Recent reports indicate that the refinery with a capacity of 650,000 barrels per day has begun leveraging US-grade oil to power its operations in Nigeria.

According to insights from industry analysts, the refinery has commenced shipping various products, including jet fuel, gasoil, and naphtha, as it gradually ramps up its production capacity.

The utilization of US oil imports, particularly the WTI Midland grade, has provided Dangote Refinery with a cost-effective solution for its feedstock requirements.

Experts anticipate that the refinery’s gasoline-focused units, expected to come online in the summer months will further bolster its influence in the Atlantic Basin gasoline markets.

Alan Gelder, Vice President of Refining, Chemicals, and Oil Markets at Wood Mackenzie, noted that Dangote’s entry into the gasoline market is poised to reshape the West African gasoline supply dynamics.

Despite operating at approximately half its nameplate capacity, Dangote Refinery’s impact on regional fuel markets is already being felt. The refinery’s recent announcement of a reduction in diesel prices from N1,200/litre to N1,000/litre has generated excitement within Nigeria’s downstream oil sector.

This move is expected to positively affect various sectors of the economy and contribute to reducing the country’s high inflation rate.

Furthermore, the refinery’s utilization of US oil imports shows its commitment to exploring cost-effective solutions while striving to meet Nigeria’s domestic fuel demand.

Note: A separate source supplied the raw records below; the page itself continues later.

-- ===== src/Kernel/Ids.antt =====
-- backend/platform_/kernel/ids.py: identifiers as text. `Database.new_ulid` draws the number, which is the time
-- and the randomness in one; its text is that of the two in a row.
pub mod RoundTrip
use money_management_pstu_ha.Prelude.{
  ℕ, zero, suc, ◌*◌, ◌+◌, ◌/◌, ◌%◌, ◌^◌, ◌-◌, String, List, [], ◌∷◌, ◌++◌, text_of,
}

-- `_CROCKFORD`, a letter for each digit of base 32; there is no other digit.
abbrev crockford : List String
crockford =
    "0" ∷ "1" ∷ "2" ∷ "3" ∷ "4" ∷ "5" ∷ "6" ∷ "7" ∷ "8" ∷ "9" ∷ "A" ∷ "B" ∷ "C" ∷ "D" ∷ "E" ∷ "F"
    ∷ "G" ∷ "H" ∷ "J" ∷ "K" ∷ "M" ∷ "N" ∷ "P" ∷ "Q" ∷ "R" ∷ "S" ∷ "T" ∷ "V" ∷ "W" ∷ "X" ∷ "Y" ∷ "Z"
    ∷ []

abbrev letter_in : List String → ℕ → String
letter_in [] digit = ""
letter_in (c ∷ cs) zero = c
letter_in (c ∷ cs) (suc digit) = letter_in cs digit

abbrev letters : List ℕ → List String
letters [] = []
letters (d ∷ ds) = letter_in crockford d ∷ letters ds

-- The loop of `_encode`, in front of the digits that it has already.
unfoldable pub encode_onto : ℕ → ℕ → List ℕ → List ℕ
encode_onto zero value digits = digits
encode_onto (suc length) value digits = encode_onto length (value / 32) (value % 32 ∷ digits)

-- `_encode`, as the digits whose letters it joins.
unfoldable pub encode : ℕ → ℕ → List ℕ
encode value length = encode_onto length value []

-- The text of an identifier: ten digits of time and sixteen of randomness.
unfoldable pub ulid_digits : ℕ → List ℕ
ulid_digits id = encode (id / 2 ^ 80) 10 ++ encode (id % 2 ^ 80) 16

abbrev drop : ℕ → List ℕ → List ℕ
drop zero digits = digits
drop (suc n) [] = []
drop (suc n) (d ∷ digits) = drop n digits

-- `id[-count:]`
unfoldable pub ulid_suffix : ℕ → ℕ → String
ulid_suffix count id = text_of (letters (drop (26 - count) (ulid_digits id)))

unfoldable pub ulid_text : ℕ → String
ulid_text id = text_of (letters (ulid_digits id))
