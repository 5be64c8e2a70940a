-- ===== src/FinancialCore/Holding.antt =====
-- backend/modules/financial_core/application/holding.py: money that leaves its payer before it reaches its
-- payee. A `str` identifier is a number, and `ulid_text` its text where it goes into a key.
use money_management_pstu_ha.Prelude.{
  ℕ, Bool, false, not, String, Option, none, some, [], ◌∷◌, ◌==◌, text_of,
}
use money_management_pstu_ha.Prelude.Int.{pos}
use money_management_pstu_ha.Prelude.Result.{state_conflict}
use money_management_pstu_ha.Prelude.Exec.{raise_if, ◌>>=◌, ◌>>◌}
use money_management_pstu_ha.Kernel.Money.{Money}
use money_management_pstu_ha.Kernel.Ids.{ulid_text}
use money_management_pstu_ha.Database.{Action}
use money_management_pstu_ha.Database.Enums.{TransferKind, TransferStatus}
use money_management_pstu_ha.Database.Json.{num, str, Fields, end, field}
use money_management_pstu_ha.Database.Words.{kind_text, transfer_status_text}
use money_management_pstu_ha.FinancialCore.Idempotency.{fingerprint_request}
use money_management_pstu_ha.FinancialCore.Repositories.Transfers.{try_transition_status}
use money_management_pstu_ha.FinancialCore.Transfer.{
  Policy, Interceptor, TransferCommand, TransferResult, execute,
}

-- The arguments of `HoldingService.hold`.
pub record HoldOrder : Type 0 where
  pub actor_user_id : ℕ
  pub payer_account_id : ℕ
  pub holding_account_id : ℕ
  pub amount : Money
  pub kind : TransferKind
  pub pending_status : TransferStatus
  pub idempotency_key : String
  pub note : Option String
  pub request_id : Option String
  pub enforce_limits : Bool
  pub intended_receiver_account_id : Option ℕ
  pub idempotency_endpoint : String

-- The arguments of `HoldingService.settle`, but for the reference, which only a message shows.
pub record SettlementOrder : Type 0 where
  pub hold_transfer_id : ℕ
  pub from_status : TransferStatus
  pub to_status : TransferStatus
  pub beneficiary_account_id : ℕ
  pub holding_account_id : ℕ
  pub amount : Money
  pub kind : TransferKind
  pub actor_user_id : ℕ
  pub note : Option String
  pub request_id : Option String

-- `kind.lower()`
unfoldable pub kind_lower : TransferKind → String
kind_lower TransferKind.p2p_send = "p2p_send"
kind_lower TransferKind.request_settlement = "request_settlement"
kind_lower TransferKind.signup_grant = "signup_grant"
kind_lower TransferKind.reversal = "reversal"
kind_lower TransferKind.undo_hold = "undo_hold"
kind_lower TransferKind.undo_settle = "undo_settle"
kind_lower TransferKind.undo_refund = "undo_refund"
kind_lower TransferKind.escrow_hold = "escrow_hold"
kind_lower TransferKind.escrow_release = "escrow_release"
kind_lower TransferKind.escrow_refund = "escrow_refund"
kind_lower TransferKind.group_deposit = "group_deposit"
kind_lower TransferKind.group_withdrawal = "group_withdrawal"
kind_lower TransferKind.link_payment = "link_payment"
kind_lower TransferKind.overdraft_draw = "overdraft_draw"
kind_lower TransferKind.overdraft_repay = "overdraft_repay"
kind_lower TransferKind.overdraft_fund = "overdraft_fund"

module _ (digest : Fields → String) where
  unfoldable pub hold_command : HoldOrder → TransferCommand
  hold_command o = record {
    actor_user_id = o.actor_user_id;
    sender_account_id = o.payer_account_id;
    receiver_account_id = o.holding_account_id;
    amount = o.amount;
    idempotency_key = o.idempotency_key;
    request_fingerprint = fingerprint_request digest (
        field "payer" (num (pos o.payer_account_id)) (
          field "holding" (num (pos o.holding_account_id)) (
            field "amountMinor" (num o.amount.minor) (field "kind" (str (kind_text o.kind)) end))));
    kind = o.kind;
    note = o.note;
    request_id = o.request_id;
    money_request_id = none;
    enforce_limits = o.enforce_limits;
    initial_status = o.pending_status;
    parent_transfer_id = none;
    intended_receiver_account_id = o.intended_receiver_account_id;
    idempotency_endpoint = o.idempotency_endpoint;
  }

  unfoldable pub settlement_command : SettlementOrder → TransferCommand
  settlement_command o = record {
    actor_user_id = o.actor_user_id;
    sender_account_id = o.holding_account_id;
    receiver_account_id = o.beneficiary_account_id;
    amount = o.amount;
    idempotency_key =
        text_of
          ("settle:" ∷ ulid_text o.hold_transfer_id ∷ ":" ∷ transfer_status_text o.to_status ∷ []);
    request_fingerprint = fingerprint_request digest (
        field "hold" (num (pos o.hold_transfer_id))
          (field "outcome" (str (transfer_status_text o.to_status)) end));
    kind = o.kind;
    note = o.note;
    request_id = o.request_id;
    money_request_id = none;
    enforce_limits = false;
    initial_status = TransferStatus.succeeded;
    parent_transfer_id = some o.hold_transfer_id;
    intended_receiver_account_id = none;
    idempotency_endpoint = text_of ("INTERNAL:/holds/" ∷ kind_lower o.kind ∷ []);
  }

  module _ (policy : Policy) (interceptor : Interceptor) where
    -- `HoldingService.hold`
    unfoldable pub hold : HoldOrder → Action TransferResult
    hold o = execute policy interceptor (hold_command o)

    -- `HoldingService.settle`: the status is latched before any money moves.
    unfoldable pub settle_hold : SettlementOrder → Action TransferResult
    settle_hold o = do
      rows ← try_transition_status o.hold_transfer_id o.from_status o.to_status
      raise_if (not (rows == 1)) state_conflict
      execute policy interceptor (settlement_command o)
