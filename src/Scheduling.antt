-- ===== src/Scheduling.antt =====
-- backend/platform_/scheduling/repository.py: durable timers. `FOR UPDATE SKIP LOCKED` only leaves out rows that
-- other workers hold; here the session sees no such rows. The text of the last error is left out. Delays are
-- in seconds, times in milliseconds of the database's clock.
pub mod Lifecycle
pub mod Once
pub mod Cancelled
use money_management_pstu_ha.Prelude.{
  ℕ, zero, suc, ◌+◌, ◌*◌, ◌^◌, Bool, true, false, ◌&&◌, Option, none, some, List, [], ◌∷◌, ◌++◌,
  ltb, leb, ◌==◌, if◌then◌else◌, is_some, find, select, count, update,
}
use money_management_pstu_ha.Prelude.Exec.{gets, modify, pure, ◌>>=◌, ◌>>◌}
use money_management_pstu_ha.Database.{Db, Action, database_now, new_ulid}
use money_management_pstu_ha.Database.Enums.{TaskType, TaskStatus, is_pending_task, same_task_type}
use money_management_pstu_ha.Database.Schema.{ScheduledTaskRecord}

abbrev pub is_task_of : TaskType → ℕ → ScheduledTaskRecord → Bool
is_task_of task_type resource_id r =
    same_task_type r.task_type task_type && r.resource_id == resource_id

-- `INSERT … ON CONFLICT (task_type, resource_id) DO NOTHING`
unfoldable pub schedule : TaskType → ℕ → ℕ → Action ℕ
schedule task_type resource_id delay_seconds = do
  task_id ← new_ulid
  now ← database_now
  modify (λ db. record db {
    scheduled_tasks =
        if is_some (find (is_task_of task_type resource_id) db.scheduled_tasks)
        then db.scheduled_tasks
        else db.scheduled_tasks
          ++ (record {
            id = task_id;
            task_type = task_type;
            resource_id = resource_id;
            due_at = now + delay_seconds * 1000;
            status = TaskStatus.pending;
            attempt_count = 0;
            completed_at = none;
          }
              ∷ []);
  })
  pure task_id

abbrev pub is_due : ℕ → ScheduledTaskRecord → Bool
is_due now r = is_pending_task r.status && leb r.due_at now

-- `ORDER BY due_at`
unfoldable pub insert_by_due :
    ScheduledTaskRecord → List ScheduledTaskRecord → List ScheduledTaskRecord
insert_by_due a [] = a ∷ []
insert_by_due a (b ∷ bs) =
    let later = insert_by_due a bs in if leb a.due_at b.due_at then a ∷ b ∷ bs else b ∷ later

unfoldable pub order_by_due : List ScheduledTaskRecord → List ScheduledTaskRecord
order_by_due [] = []
order_by_due (a ∷ rest) = insert_by_due a (order_by_due rest)

-- `LIMIT`
unfoldable pub limit_to : ℕ → List ScheduledTaskRecord → List ScheduledTaskRecord
limit_to zero rows = []
limit_to (suc n) [] = []
limit_to (suc n) (r ∷ rows) = r ∷ limit_to n rows

unfoldable pub claim_due : ℕ → Action (List ScheduledTaskRecord)
claim_due batch_size = do
  now ← database_now
  gets (λ db. limit_to batch_size (order_by_due (select (is_due now) db.scheduled_tasks)))

abbrev pub has_task_id : ℕ → ScheduledTaskRecord → Bool
has_task_id id r = id == r.id

abbrev pub ended : TaskStatus → ℕ → ScheduledTaskRecord → ScheduledTaskRecord
ended status now r = record r { status = status; completed_at = some now }

unfoldable pub complete_task : ℕ → Action (Unit {0})
complete_task task_id = do
  now ← database_now
  modify (λ db. record db {
    scheduled_tasks = update (has_task_id task_id) (ended TaskStatus.done now) db.scheduled_tasks;
  })

abbrev pub is_pending_of : TaskType → ℕ → ScheduledTaskRecord → Bool
is_pending_of task_type resource_id r =
    is_task_of task_type resource_id r && is_pending_task r.status

-- `cancel`: returns the number of rows changed.
unfoldable pub cancel : TaskType → ℕ → Action ℕ
cancel task_type resource_id = do
  now ← database_now
  rows ← gets (λ db. count (is_pending_of task_type resource_id) db.scheduled_tasks)
  modify (λ db. record db {
    scheduled_tasks =
        update (is_pending_of task_type resource_id) (ended TaskStatus.cancelled now)
          db.scheduled_tasks;
  })
  pure rows

abbrev pub backoff_seconds : ℕ → ℕ
backoff_seconds attempt = if ltb 300 (2 ^ attempt) then 300 else 2 ^ attempt

abbrev pub failed_once_more : ℕ → ℕ → ℕ → ScheduledTaskRecord → ScheduledTaskRecord
failed_once_more attempt max_attempts now r =
    if leb max_attempts attempt
    then record r { attempt_count = attempt; status = TaskStatus.failed }
    else record r {
      attempt_count = attempt;
      status = TaskStatus.pending;
      due_at = now + backoff_seconds attempt * 1000;
    }

unfoldable pub record_failure : ℕ → ℕ → ℕ → Action (Unit {0})
record_failure task_id attempt max_attempts = do
  now ← database_now
  modify (λ db. record db {
    scheduled_tasks =
        update (has_task_id task_id) (failed_once_more attempt max_attempts now) db.scheduled_tasks;
  })
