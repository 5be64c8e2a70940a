-- ===== src/FinancialCore/Undo.antt =====
-- backend/modules/financial_core/application/undo.py: a transfer that its sender can take back for a few
-- seconds.
pub mod Latched
use money_management_pstu_ha.Prelude.{
  ℕ, Bool, true, false, not, ◌&&◌, String, Option, none, some, List, [], ◌∷◌, ◌==◌, text_of,
  same_id, if◌then◌else◌,
}
use money_management_pstu_ha.Prelude.Int.{ℤ, pos}
use money_management_pstu_ha.Prelude.Result.{state_conflict, not_found}
use money_management_pstu_ha.Prelude.Exec.{
  lift, pure, raise, raise_if, require, option_case, ◌>>=◌, ◌>>◌,
}
use money_management_pstu_ha.Kernel.Money.{Money, from_minor, bdt}
use money_management_pstu_ha.Kernel.Ids.{ulid_text}
use money_management_pstu_ha.Database.{Action, clock_now}
use money_management_pstu_ha.Database.Enums.{
  TransferKind, TransferStatus, TaskType, same_kind, same_transfer_status,
}
use money_management_pstu_ha.Database.Schema.{TransferRecord}
use money_management_pstu_ha.Database.Json.{num, str, flag, Fields, end, field, put}
use money_management_pstu_ha.Database.Words.{transfer_status_text, reference_json}
use money_management_pstu_ha.FinancialCore.Account.{Account, pending_settlement_account_id}
use money_management_pstu_ha.FinancialCore.Idempotency.{fingerprint_request, replay_body_or_raise}
use money_management_pstu_ha.FinancialCore.Repositories.Accounts.{get_by_id}
use money_management_pstu_ha.FinancialCore.Repositories.Transfers.{get}
use money_management_pstu_ha.FinancialCore.Repositories.Keys.{NaturalKey, reserve, complete}
use money_management_pstu_ha.FinancialCore.Transfer.{Policy, Interceptor, TransferResult}
use money_management_pstu_ha.FinancialCore.Holding.{hold, settle_hold}
use money_management_pstu_ha.Scheduling.{schedule, cancel}

-- The arguments of `send`.
pub record SendOrder : Type 0 where
  pub actor_user_id : ℕ
  pub sender_account_id : ℕ
  pub receiver_account_id : ℕ
  pub amount : Money
  pub idempotency_key : String
  pub note : Option String
  pub request_id : Option String
  pub idempotency_endpoint : String

-- `_require_hold`
unfoldable pub require_hold : ℕ → Action TransferRecord
require_hold transfer_id = do
  row ← get transfer_id
  found ← require row not_found
  raise_if (not (same_kind found.kind TransferKind.undo_hold)) not_found
  raise_if (not (same_transfer_status found.status TransferStatus.pending_undo)) state_conflict
  pure found

abbrev pub is_owner : ℕ → Option Account → Bool
is_owner actor none = false
is_owner actor (some a) = same_id a.user_id (some actor)

-- `hold.initiated_by_user_id or ""`; 0 stands for the empty text, which is no identifier.
abbrev pub initiator : Option ℕ → ℕ
initiator none = 0
initiator (some id) = id

-- The response that `undo` stores and returns.
unfoldable pub undo_response : TransferRecord → TransferResult → Fields
undo_response held settlement = field "transferId" (num (pos held.id)) (
    field "reference" (reference_json held.reference) (
      field "status" (str (transfer_status_text TransferStatus.refunded)) (
        field "refundTransferId" (num (pos settlement.transfer_id)) (
          field "refundReference" (reference_json settlement.reference) (
            field "amountMinor" (num settlement.amount.minor) (
              field "currency" (str settlement.amount.currency.code) (
                field "senderBalanceMinor" (num settlement.receiver_balance_after.minor)
                  (field "replayed" (flag false) end))))))))

abbrev pub undo_key : ℕ → ℕ → String → NaturalKey
undo_key actor transfer_id key = record {
  actor_id = actor;
  endpoint = text_of ("POST:/api/v1/transfers/" ∷ ulid_text transfer_id ∷ "/undo" ∷ []);
  key = key;
}

module _ (digest : Fields → String) (policy : Policy) (interceptor : Interceptor)
    (window_seconds : ℕ) where
  -- `UndoableTransferService.send`
  unfoldable pub send : SendOrder → Action TransferResult
  send o = do
    held ← hold digest policy interceptor (record {
      actor_user_id = o.actor_user_id;
      payer_account_id = o.sender_account_id;
      holding_account_id = pending_settlement_account_id;
      amount = o.amount;
      kind = TransferKind.undo_hold;
      pending_status = TransferStatus.pending_undo;
      idempotency_key = o.idempotency_key;
      note = o.note;
      request_id = o.request_id;
      enforce_limits = true;
      intended_receiver_account_id = some o.receiver_account_id;
      idempotency_endpoint = o.idempotency_endpoint;
    })
    (if held.replayed
        then pure tt
        else (schedule TaskType.undo_settle held.transfer_id window_seconds >>= λ _. pure tt))
    pure held

  -- `undo` for a key that is new.
  unfoldable pub take_back : ℕ → ℕ → String → Option String → ℕ → Action Fields
  take_back transfer_id actor idempotency_key request_id now = do
    held ← require_hold transfer_id
    sender ← get_by_id held.sender_account_id
    raise_if (not (is_owner actor sender)) not_found
    settlement ← settle_hold digest policy interceptor (record {
      hold_transfer_id = held.id;
      from_status = TransferStatus.pending_undo;
      to_status = TransferStatus.refunded;
      beneficiary_account_id = held.sender_account_id;
      holding_account_id = pending_settlement_account_id;
      amount = from_minor held.amount_minor bdt;
      kind = TransferKind.undo_refund;
      actor_user_id = actor;
      note = some "Undone by sender";
      request_id = request_id;
    })
    cancel TaskType.undo_settle held.id >>= λ _. pure tt
    let response = undo_response held settlement
    complete (undo_key actor transfer_id idempotency_key) held.id 200 response now
    pure response

  -- `UndoableTransferService.undo`
  unfoldable pub undo : ℕ → ℕ → String → Option String → Action Fields
  undo transfer_id actor idempotency_key request_id = do
    now ← clock_now
    decision ←
        reserve (undo_key actor transfer_id idempotency_key)
          (fingerprint_request digest (field "transferId" (num (pos transfer_id)) end)) now
    replayed ← lift (replay_body_or_raise decision)
    option_case replayed (take_back transfer_id actor idempotency_key request_id now)
        (λ body. pure (put "replayed" (flag true) body))

  -- The rest of `settle`, on the hold that it found.
  unfoldable pub finalise : TransferRecord → ℕ → Action TransferResult
  finalise held receiver = settle_hold digest policy interceptor (record {
    hold_transfer_id = held.id;
    from_status = TransferStatus.pending_undo;
    to_status = TransferStatus.succeeded;
    beneficiary_account_id = receiver;
    holding_account_id = pending_settlement_account_id;
    amount = from_minor held.amount_minor bdt;
    kind = TransferKind.undo_settle;
    actor_user_id = initiator held.initiated_by_user_id;
    note = held.note;
    request_id = none;
  })

  -- `UndoableTransferService.settle`
  unfoldable pub settle : ℕ → Action (Option TransferResult)
  settle transfer_id = do
    row ← get transfer_id
    option_case row (pure none) (λ held.
        if not (same_transfer_status held.status TransferStatus.pending_undo)
        then pure none
        else option_case held.intended_receiver_account_id (raise state_conflict)
            (λ receiver. finalise held receiver >>= λ settlement. pure (some settlement)))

As the refinery continues to optimize its production processes, it is poised to play a pivotal role in Nigeria’s energy landscape and contribute to the country’s quest for self-sufficiency in refined petroleum products.

Moreover, the Nigerian government’s recent directive to compel oil producers to prioritize domestic refineries for crude supply aligns with Dangote Refinery’s objectives of reducing reliance on imported refined products.

With the flexibility to purchase crude using either the local currency or the US dollar, the refinery is well-positioned to capitalize on these policy reforms and further enhance its operational efficiency.